The fertility doctor is Margaret’s idea. Sam thinks the treatments are a waste of resources. All that money to make more babies when there are so many already. “Why not adopt?” he says. Margaret says, “Because you never know what you’re getting.” He wants to say, “When do you ever?” But he goes along. They cash in their savings and he learns to give the shots. He tries to do this as well as it can be done (he’s like this about everything), with the least pain to Margaret. He tries to give the best shots ever given.
When the treatments don’t work, Margaret blames him. She accuses him of not wanting a child enough. In fact, he has come around to thinking that having a child — his own — would be a good thing. Someone who might share his natural curiosity, his interests. Someone who might want to learn what he can teach. Someone to make him feel useful.
He misses North Carolina, even though he couldn’t breathe there. He misses all the things that triggered his asthma — grass, shade trees, flowering bushes.
He misses his family. His mother can’t travel but his sister visits from time to time. Her visits remind him what it’s like to be with someone who still loves him.

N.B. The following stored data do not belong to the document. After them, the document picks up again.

-- ===== src/Serial/Waiting.antt =====
-- nrf52/src/serial.rs: receiver and transmitter share one interrupt; neither is left asleep.
use async_on_embedded.Serial.{
  State, not_started, in_progress, finished, Uarte, poll_read, poll_write, handler,
}
use async_on_embedded.Runtime.{Poll, wake_by_ref, store}
use async_on_embedded.Prelude.{
  ℕ, ◌≡◌, refl, sym, ◌∙◌, ◌≢◌, ◌⊎◌, inl, inr, Bool, true, false, Option, none, some, arith,
}

-- The registers, and the states of the receiver's and the transmitter's latest future.
pub record System : Type 0 where
  pub uarte : Uarte
  pub rx : State
  pub tx : State

-- The executor lowers the flag of a task before it polls.
abbrev pub serviced : ℕ → Uarte → Uarte
serviced t u = record u {
  world = record { ready = store u.world.ready t false; task_ready = u.world.task_ready };
}

-- The task `p` reads and the task `q` writes.
module _ (p q : ℕ) where
  pub data Step : System → System → Type 0 where
    new_read : (s : System) → s.rx ≢ in_progress → Step s (record s { rx = not_started })
    new_write : (s : System) → s.tx ≢ in_progress → Step s (record s { tx = not_started })
    polled_read :
        (s : System) (ptr len : ℕ) (a : Poll) (rx : State) (u : Uarte)
        → poll_read p ptr len s.rx (serviced p s.uarte) ≡ some (a, rx, u)
        → Step s (record s { uarte = u; rx = rx })
    polled_write :
        (s : System) (ptr len : ℕ) (a : Poll) (tx : State) (u : Uarte)
        → poll_write q ptr len s.tx (serviced q s.uarte) ≡ some (a, tx, u)
        → Step s (record s { uarte = u; tx = tx })
    interrupted :
        (s : System) → s.uarte.unmasked ≡ true → Step s (record s { uarte = handler s.uarte })
    ended :
        (s : System) (endrx endtx : Bool)
        → Step s (record s { uarte = record s.uarte { endrx = endrx; endtx = endtx } })

  pub data Reach (s : System) : System → Type 0 where
    here : Reach s s
    next : {t u : System} → Reach s t → Step t u → Reach s u

  abbrev pub waker_of : ℕ → State → Option ℕ
  waker_of t not_started = none
  waker_of t in_progress = some t
  waker_of t finished = none

  -- A waker is installed exactly while its future is in progress, and then the interrupt is
  -- enabled or the task's flag is up.
  pub record IsSound (s : System) : Type 0 where
    pub rx_installed : s.uarte.rx_waker ≡ waker_of p s.rx
    pub tx_installed : s.uarte.tx_waker ≡ waker_of q s.tx
    pub rx_awake :
        (s.uarte.rx_waker ≡ none) ⊎ (s.uarte.unmasked ≡ true) ⊎ (s.uarte.world.ready p ≡ true)
    pub tx_awake :
        (s.uarte.tx_waker ≡ none) ⊎ (s.uarte.unmasked ≡ true) ⊎ (s.uarte.world.ready q ≡ true)

  module _ (apart : p ≢ q) where
    polled_read-IsSound :
        (s : System) (rx : State) (ptr len : ℕ) (a : Poll) (rx' : State) (u : Uarte)
        → s.rx ≡ rx
        → poll_read p ptr len rx (serviced p s.uarte) ≡ some (a, rx', u)
        → IsSound s
        → IsSound (record s { uarte = u; rx = rx' })
    unfolding poll_read
    polled_read-IsSound s not_started ptr len a rx' u at e i = ground (arith, i, apart)
    polled_read-IsSound s in_progress ptr len a rx' u at e i = ground (arith, i, apart)
    polled_read-IsSound s finished ptr len a rx' u at e i = cc

    polled_write-IsSound :
        (s : System) (tx : State) (ptr len : ℕ) (a : Poll) (tx' : State) (u : Uarte)
        → s.tx ≡ tx
        → poll_write q ptr len tx (serviced q s.uarte) ≡ some (a, tx', u)
        → IsSound s
        → IsSound (record s { uarte = u; tx = tx' })
    unfolding poll_write
    polled_write-IsSound s not_started ptr len a tx' u at e i = ground (arith, i, apart)
    polled_write-IsSound s in_progress ptr len a tx' u at e i = ground (arith, i, apart)
    polled_write-IsSound s finished ptr len a tx' u at e i = cc

    waker_of_cases : (t : ℕ) (s : State) → (waker_of t s ≡ none) ⊎ (waker_of t s ≡ some t)
    waker_of_cases t not_started = inl refl
    waker_of_cases t in_progress = inr refl
    waker_of_cases t finished = inl refl

    handler-IsSound : (s : System) → IsSound s → IsSound (record s { uarte = handler s.uarte })
    unfolding handler wake_by_ref
    handler-IsSound s i = ground (arith, i, waker_of_cases p s.rx, waker_of_cases q s.tx)

    idle : (t : ℕ) (s : State) → s ≢ in_progress → waker_of t s ≡ none
    idle t not_started n = refl
    idle t in_progress n = absurd (n refl)
    idle t finished n = refl

    Step-IsSound : {s t : System} → Step s t → IsSound s → IsSound t
    Step-IsSound (new_read s n) i = record {
      rx_installed = i.rx_installed ∙ idle p s.rx n;
      tx_installed = i.tx_installed;
      rx_awake = i.rx_awake;
      tx_awake = i.tx_awake;
    }
    Step-IsSound (new_write s n) i = record {
      rx_installed = i.rx_installed;
      tx_installed = i.tx_installed ∙ idle q s.tx n;
      rx_awake = i.rx_awake;
      tx_awake = i.tx_awake;
    }
    Step-IsSound (polled_read s ptr len a rx u e) i =
        polled_read-IsSound s s.rx ptr len a rx u refl e i
    Step-IsSound (polled_write s ptr len a tx u e) i =
        polled_write-IsSound s s.tx ptr len a tx u refl e i
    Step-IsSound (interrupted s on) i = handler-IsSound s i
    Step-IsSound (ended s endrx endtx) i = record {
      rx_installed = i.rx_installed;
      tx_installed = i.tx_installed;
      rx_awake = i.rx_awake;
      tx_awake = i.tx_awake;
    }

    -- One task reads, another writes. However new futures, polls, interrupts and the ends of
    -- transfers interleave, from registers without wakers and with no future in progress: a waker
    -- is installed exactly while its future is in progress, and then the shared interrupt is
    -- enabled or the flag of its task is up, so neither side sleeps through the end of its
    -- transfer.
    pub reached-IsSound :
        {s t : System}
        → s.rx ≢ in_progress
        → s.tx ≢ in_progress
        → s.uarte.rx_waker ≡ none
        → s.uarte.tx_waker ≡ none
        → Reach s t
        → IsSound t
    reached-IsSound {s} nr nt er et here = record {
      rx_installed = er ∙ sym (idle p s.rx nr);
      tx_installed = et ∙ sym (idle q s.tx nt);
      rx_awake = inl er;
      tx_awake = inl et;
    }
    reached-IsSound nr nt er et (next r st) = Step-IsSound st (reached-IsSound nr nt er et r)
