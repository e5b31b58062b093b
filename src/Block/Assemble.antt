-- ===== src/Block/Assemble.antt =====
-- The packing loop of `assemble` in src/block.py: senders' groups in the order of their priority,
-- each taken from its front until a transaction does not fit.
pub mod Draft
pub mod Size
use lapsecoin.Prelude.{
  ℕ, ◌+◌, ◌≤◌, ◌≡◌, ap, ◌∙◌, List, [], ◌∷◌, ◌++◌, arith, length, ltb, if◌then◌else◌, Bool-cases,
  inl, inr,
}
use lapsecoin.Params.{block_size_limit}
use lapsecoin.Json.{Fields}
use lapsecoin.Crypto.{Crypto}
use lapsecoin.Tx.{tx_size_in_block}

-- `for t in group`: what is taken, and `running` after it. `count` is `len(valid_txs)`.
unfoldable pub pack_group : Crypto → ℕ → ℕ → List Fields → List Fields × ℕ
pack_group c running count [] = ([], running)
pack_group c running count (t ∷ group) =
    let t_size = tx_size_in_block c t count in
    let (taken, running') = pack_group c (running + t_size) (count + 1) group in
    if ltb block_size_limit (running + t_size) then ([], running) else (t ∷ taken, running')

-- `for group in groups`
unfoldable pub pack : Crypto → ℕ → ℕ → List (List Fields) → List Fields × ℕ
pack c running count [] = ([], running)
pack c running count (group ∷ groups) =
    let (taken, running') = pack_group c running count group in
    let (rest, running'') = pack c running' (count + length taken) groups in
    (taken ++ rest, running'')

-- The bytes that transactions take in a block, from a position on.
abbrev pub bytes_from : Crypto → ℕ → List Fields → ℕ
bytes_from c count [] = 0
bytes_from c count (t ∷ ts) = tx_size_in_block c t count + bytes_from c (count + 1) ts

bytes_from-append :
    (c : Crypto) (count : ℕ) (ts us : List Fields)
    → bytes_from c count (ts ++ us) ≡ bytes_from c count ts + bytes_from c (count + length ts) us
bytes_from-append c count [] us =
    let shut : count + 0 ≡ count = omega arith in
    let shift : bytes_from c (count + 0) us ≡ bytes_from c count us =
      ap (λ n. bytes_from c n us) shut in
    omega (arith, shift)
bytes_from-append c count (t ∷ ts) us =
    let shift : count + 1 + length ts ≡ count + length (t ∷ ts) = omega arith in
    let later =
      bytes_from-append c (count + 1) ts us
      ∙ ap (λ n. bytes_from c (count + 1) ts + bytes_from c n us) shift in
    omega (arith, later)

-- `running` counts the bytes taken, and stays within the limit.
abbrev Packed : Crypto → ℕ → ℕ → List Fields × ℕ → Type 0
Packed c running count r = (r.1 ≡ running + bytes_from c count r.0) × (r.1 ≤ block_size_limit)

pack_group-Packed :
    (c : Crypto) (running count : ℕ) (group : List Fields)
    → running ≤ block_size_limit
    → Packed c running count (pack_group c running count group)
unfolding pack_group
pack_group-Packed c running count [] h = (omega arith, h)
pack_group-Packed c running count (t ∷ group) h =
    elim (Bool-cases (ltb block_size_limit (running + tx_size_in_block c t count))) [
      | inl y ↦ rw y ((omega arith, h))
      | inr n ↦
          let (same, le) =
            pack_group-Packed c (running + tx_size_in_block c t count) (count + 1) group
              (ground arith) in
          rw n ((omega (arith, same), le))
    ]

-- Packing groups of transactions into a block, from a size within the block limit, ends with that
-- size plus exactly the bytes that the transactions taken occupy from their positions on, and this
-- is within the block limit.
pub pack-bounds :
    (c : Crypto) (running count : ℕ) (groups : List (List Fields))
    → running ≤ block_size_limit
    → ((pack c running count groups).1
        ≡ running + bytes_from c count (pack c running count groups).0)
      × ((pack c running count groups).1 ≤ block_size_limit)
unfolding pack
pack-bounds c running count [] h = (omega arith, h)
pack-bounds c running count (group ∷ groups) h =
    let g = pack_group c running count group in
    let (same, le) = pack_group-Packed c running count group h in
    let (same', le') = pack-bounds c g.1 (count + length g.0) groups le in
    (
      omega (
        arith,
        same,
        same',
        bytes_from-append c count g.0 (pack c g.1 (count + length g.0) groups).0,
      ),
      le',
    )
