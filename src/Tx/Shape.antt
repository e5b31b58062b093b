-- ===== src/Tx/Shape.antt =====
-- The checks of src/tx.py that read the transaction alone: its fields and outputs, and the sender.
use lapsecoin.Prelude.{
  ℕ, suc, String, Bool, true, false, not, ◌||◌, Option, none, some, List, [], ◌∷◌, str_eq, ltb,
}
use lapsecoin.Prelude.Int.{ℤ, pos, leb_ℤ, ltb_ℤ}
use lapsecoin.Prelude.Text.{codes, encode, has_code}
use lapsecoin.Prelude.Result.{
  Result, Check, ok, refused, ◌>>=◌, ◌>>◌, refuse_if, unexpected_fields, outputs_not_list,
  too_many_outputs, output_keys, amount_not_positive, invalid_address, own_address, fee_negative,
  nonce_not_int, memo_not_str, memo_null_byte, memo_too_long, burn_sender, missing_field,
}
use lapsecoin.Json.{
  Json, Items, nil, cons, Fields, end, field, str, arr, get, index, int_of, is_str, contains,
  subscript,
}
use lapsecoin.Prelude.{length}
use lapsecoin.Crypto.{Crypto, is_valid_address, burn_address}
use lapsecoin.Tx.{max_outputs, max_memo_bytes}

abbrev pub required_fields : List String
required_fields = "from" ∷ "pubkey" ∷ "outputs" ∷ "nonce" ∷ "fee" ∷ "signature" ∷ []

-- `k in _ALLOWED_FIELDS`
is_one_of : String → List String → Bool
is_one_of k [] = str_eq k "memo"
is_one_of k (r ∷ rs) = str_eq k r || is_one_of k rs

-- Has the transaction a field that it may not carry?
unfoldable pub has_unexpected : Fields → Bool
unfolding is_one_of
has_unexpected end = false
has_unexpected (field k v d) = not (is_one_of k required_fields) || has_unexpected d

unfoldable pub require_fields : List String → Fields → Check
require_fields [] tx = ok tt
require_fields (k ∷ ks) tx = elim (get k tx) [
  | none ↦ refused (missing_field k)
  | some _ ↦ require_fields ks tx
]

-- `isinstance(v, int) and v > 0`
abbrev pub positive_int : Option ℤ → Bool
positive_int none = false
positive_int (some z) = ltb_ℤ (pos 0) z

-- `isinstance(v, int) and v >= 0`
abbrev pub non_negative_int : Option ℤ → Bool
non_negative_int none = false
non_negative_int (some z) = leb_ℤ (pos 0) z

-- `v == tx_dict.get("from")`, for a `v` that is a valid address and so a text
unfoldable pub is_sender : Json → Option Json → Bool
is_sender (str a) (some v) = is_str v a
is_sender _ _ = false

-- `"to" not in out or "amount" not in out` asks for the second key only if the first is there.
unfoldable pub lacks_amount : Bool → Json → Result Bool
lacks_amount true out = do has ← contains "amount" out; ok (not has)
lacks_amount false out = ok true

-- `len(outputs)`
unfoldable pub count_items : Items → ℕ
count_items nil = 0
count_items (cons o os) = suc (count_items os)

-- `not isinstance(outputs, list) or not outputs`
unfoldable pub non_empty_list : Json → Result Items
non_empty_list (arr (cons o os)) = ok (cons o os)
non_empty_list _ = refused outputs_not_list

unfoldable pub check_memo : Option Json → Check
check_memo none = ok tt
check_memo (some (str memo)) = do
  refuse_if (has_code 0 (codes memo)) memo_null_byte
  refuse_if (ltb max_memo_bytes (length (encode memo))) memo_too_long
check_memo (some _) = refused memo_not_str

-- `not isinstance(tx_dict["nonce"], int)`
abbrev pub is_int : Option ℤ → Bool
is_int none = false
is_int (some _) = true

module _ (c : Crypto) where
  -- One round of the loop over the outputs.
  unfoldable pub check_output : Fields → Json → Check
  check_output tx out = do
    has_to ← contains "to" out
    lacks ← lacks_amount has_to out
    refuse_if lacks output_keys
    amount ← subscript "amount" out
    refuse_if (not (positive_int (int_of amount))) amount_not_positive
    to ← subscript "to" out
    refuse_if (not (is_valid_address c to)) invalid_address
    refuse_if (is_sender to (get "from" tx)) own_address

  unfoldable pub check_outputs : Fields → Items → Check
  check_outputs tx nil = ok tt
  check_outputs tx (cons o os) = do check_output tx o; check_outputs tx os

  unfoldable pub check_fields_and_outputs : Fields → Check
  check_fields_and_outputs tx = do
    refuse_if (has_unexpected tx) unexpected_fields
    require_fields required_fields tx
    outputs ← index "outputs" tx
    os ← non_empty_list outputs
    refuse_if (ltb max_outputs (count_items os)) too_many_outputs
    check_outputs tx os
    fee ← index "fee" tx
    refuse_if (not (non_negative_int (int_of fee))) fee_negative
    nonce ← index "nonce" tx
    refuse_if (not (is_int (int_of nonce))) nonce_not_int
    check_memo (get "memo" tx)

  -- `tx_dict.get("from") == burn_address()`
  abbrev from_burn : Option Json → Bool
  from_burn none = false
  from_burn (some v) = is_str v (burn_address c)

  unfoldable pub check_not_from_burn_address : Fields → Check
  check_not_from_burn_address tx = refuse_if (from_burn (get "from" tx)) burn_sender
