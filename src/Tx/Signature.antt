-- ===== src/Tx/Signature.antt =====
-- `_check_signature` of src/tx.py and its cache of verdicts, an LRU of cachetools.
use lapsecoin.Prelude.{ℕ, String, ◌≡◌, ◌⊎◌, Bool, not, Option, none, some, List}
use lapsecoin.Prelude.Text.{from_hex}
use lapsecoin.Prelude.Result.{
  Result, Check, ok, refused, raised, ◌>>=◌, ◌>>◌, refuse_if, not_hex_strings, pubkey_mismatch,
  invalid_signature, malformed,
}
use lapsecoin.Json.{Json, Fields, str, get, index, is_str}
use lapsecoin.Crypto.{Crypto, verify, public_key_to_address}
use lapsecoin.Tx.{serialize_for_signing}

-- `(crypto.sha256(signed), sig_hex, pubkey_hex)`
pub record Key : Type 0 where
  pub digest : List ℕ
  pub signature : String
  pub pubkey : String

-- The cache of the library: a look-up may reorder it, a store may drop other entries, and neither
-- makes an entry that was not stored.
pub record LruCache : Type 1 where
  pub Cache : Type 0
  pub get : Cache → Key → Option Bool
  pub touch : Cache → Key → Cache
  pub set : Cache → Key → Bool → Cache
  pub get-touch : (m : Cache) (k j : Key) (v : Bool) → get (touch m k) j ≡ some v → get m j ≡ some v
  pub get-set :
      (m : Cache) (k j : Key) (v w : Bool)
      → get (set m k v) j ≡ some w
      → ((k ≡ j) × (v ≡ w)) ⊎ (get m j ≡ some w)

-- What a look-up needs of the two texts, once both are known to be texts.
abbrev pub or_malformed {ℓ} : {A : Type ℓ} → Option A → Result A
or_malformed none = refused malformed
or_malformed (some a) = ok a

abbrev pub text_or_refuse : Json → Result String
text_or_refuse (str s) = ok s
text_or_refuse _ = refused not_hex_strings

-- The parts of the question: what was signed, the signature and the key, in bytes.
pub record Question : Type 0 where
  pub signed : List ℕ
  pub sig_bytes : List ℕ
  pub pubkey_bytes : List ℕ
  pub key : Key

-- The address that the public key stands for is compared with `tx_dict["from"]`.
abbrev pub same_address : Option String → Json → Result Bool
same_address none v = refused malformed
same_address (some a) v = ok (is_str v a)

module _ (c : Crypto) where
  -- Everything before the verdict. Both fields are there when this runs, after the check of the
  -- fields; the `try` turns each exception into the same refusal.
  unfoldable pub question : Fields → Result Question
  question tx = do
    pubkey ← index "pubkey" tx
    signature ← index "signature" tx
    pubkey_hex ← text_or_refuse pubkey
    sig_hex ← text_or_refuse signature
    pubkey_bytes ← or_malformed (from_hex pubkey_hex)
    sig_bytes ← or_malformed (from_hex sig_hex)
    from ← or_malformed (get "from" tx)
    same ← same_address (public_key_to_address c pubkey_bytes) from
    refuse_if (not same) pubkey_mismatch
    let signed = serialize_for_signing c tx
    ok (record {
      signed = signed;
      sig_bytes = sig_bytes;
      pubkey_bytes = pubkey_bytes;
      key = record { digest = c.sha256 signed; signature = sig_hex; pubkey = pubkey_hex };
    })

  module _ (lru : LruCache) where
    open lru use {Cache}

    -- The cached verdict, or a fresh one that is stored.
    unfoldable pub answered : Question → Option Bool → Cache → Bool × Cache
    answered q (some v) m = (v, lru.touch m q.key)
    answered q none m =
        let v = verify c q.signed q.sig_bytes q.pubkey_bytes in (v, lru.set m q.key v)

    unfoldable pub verdict : Question → Cache → Bool × Cache
    unfolding answered
    verdict q m = answered q (lru.get m q.key) m

    unfoldable pub judged : Result Question → Cache → Check × Cache
    unfolding verdict
    judged (ok q) m = let (v, m') = verdict q m in (refuse_if (not v) invalid_signature, m')
    judged (refused e) m = (refused e, m)
    judged (raised x) m = (raised x, m)

    unfoldable pub check_signature : Fields → Cache → Check × Cache
    unfolding question judged
    check_signature tx m = judged (question tx) m
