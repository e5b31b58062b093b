-- ===== src/Tx/Validate.antt =====
-- The checks of src/tx.py that read the ledger, and `validate`, which runs all six in order.
use lapsecoin.Prelude.{ℕ, String, Bool, true, false, not, Option, none, some}
use lapsecoin.Prelude.Int.{ℤ, pos, ◌+ℤ◌, ltb_ℤ, eqb_ℤ}
use lapsecoin.Prelude.Result.{
  Check, ok, refused, raised, ◌>>=◌, ◌>>◌, refuse_if, bad_nonce, insufficient_balance,
  board_fee_low,
}
use lapsecoin.Json.{Fields}
use lapsecoin.Crypto.{Crypto}
use lapsecoin.Tx.{is_board_post, board_fee_floor, sum_amounts, sender, outputs, int_field}
use lapsecoin.Tx.Shape.{check_fields_and_outputs, check_not_from_burn_address}
use lapsecoin.Tx.Signature.{LruCache, check_signature}

-- "object with .get_balance(addr), .get_nonce(addr), .total_board_posts": what the checks use of
-- the ledger, which the chain's state and the mempool's overlay both give.
pub record LedgerView : Type 0 where
  pub get_balance : String → ℕ
  pub get_nonce : String → ℤ
  pub total_board_posts : ℕ

unfoldable pub check_nonce : Fields → LedgerView → Check
check_nonce tx state = do
  from ← sender tx
  nonce ← int_field "nonce" tx
  refuse_if (not (eqb_ℤ nonce (state.get_nonce from +ℤ pos 1))) bad_nonce

unfoldable pub check_balance : Fields → LedgerView → Check
check_balance tx state = do
  os ← outputs tx
  total_out ← sum_amounts os
  from ← sender tx
  fee ← int_field "fee" tx
  refuse_if (ltb_ℤ (pos (state.get_balance from)) (total_out +ℤ fee)) insufficient_balance

-- `floor_override if floor_override is not None else board_fee_floor(...)`
abbrev pub board_floor : Option ℕ → LedgerView → ℕ
board_floor none state = board_fee_floor state.total_board_posts
board_floor (some floor) state = floor

unfoldable pub check_floor : Bool → Fields → ℕ → Check
check_floor false tx floor = ok tt
check_floor true tx floor = do
  fee ← int_field "fee" tx
  refuse_if (ltb_ℤ fee (pos floor)) board_fee_low

unfoldable pub check_board_fee : Fields → LedgerView → Option ℕ → Check
check_board_fee tx state floor_override = do
  post ← is_board_post tx
  check_floor post tx (board_floor floor_override state)

-- The checks before and after the signature's, which alone has a state of its own.
unfoldable pub checks_before : Crypto → Fields → Check
checks_before c tx = do check_fields_and_outputs c tx; check_not_from_burn_address c tx

unfoldable pub checks_after : Fields → LedgerView → Option ℕ → Check
checks_after tx state floor_override = do
  check_nonce tx state
  check_balance tx state
  check_board_fee tx state floor_override

module _ (c : Crypto) (lru : LruCache) where
  open lru use {Cache}

  -- Early return: the signature is asked for only if what comes before it has passed.
  unfoldable pub after_shape : Check → Fields → LedgerView → Option ℕ → Cache → Check × Cache
  after_shape (ok _) tx state floor_override m =
      let (answer, m') = check_signature c lru tx m in
      (answer >> checks_after tx state floor_override, m')
  after_shape (refused e) tx state floor_override m = (refused e, m)
  after_shape (raised x) tx state floor_override m = (raised x, m)

  unfoldable pub validate : Fields → LedgerView → Option ℕ → Cache → Check × Cache
  unfolding after_shape
  validate tx state floor_override m = after_shape (checks_before c tx) tx state floor_override m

He shows her around Bisbee, all the coffee shops and art galleries. He drives her to the desert and points out plants she doesn’t know: saguaro, cat-claw, ocotillo, jumping cholla. There are snakes and lizards and roadrunners on the highway. Everything is exotic and bright, suffused with light. “Like the bottom of the ocean,” Addie says.
In the end, the surprise is not that Margaret leaves — he assumes when she moves to Tucson to take care of her mother that she isn’t coming back. The surprise is that he stays. He has become a creature of the desert, his lungs accustomed to dry air, his eyes to long views.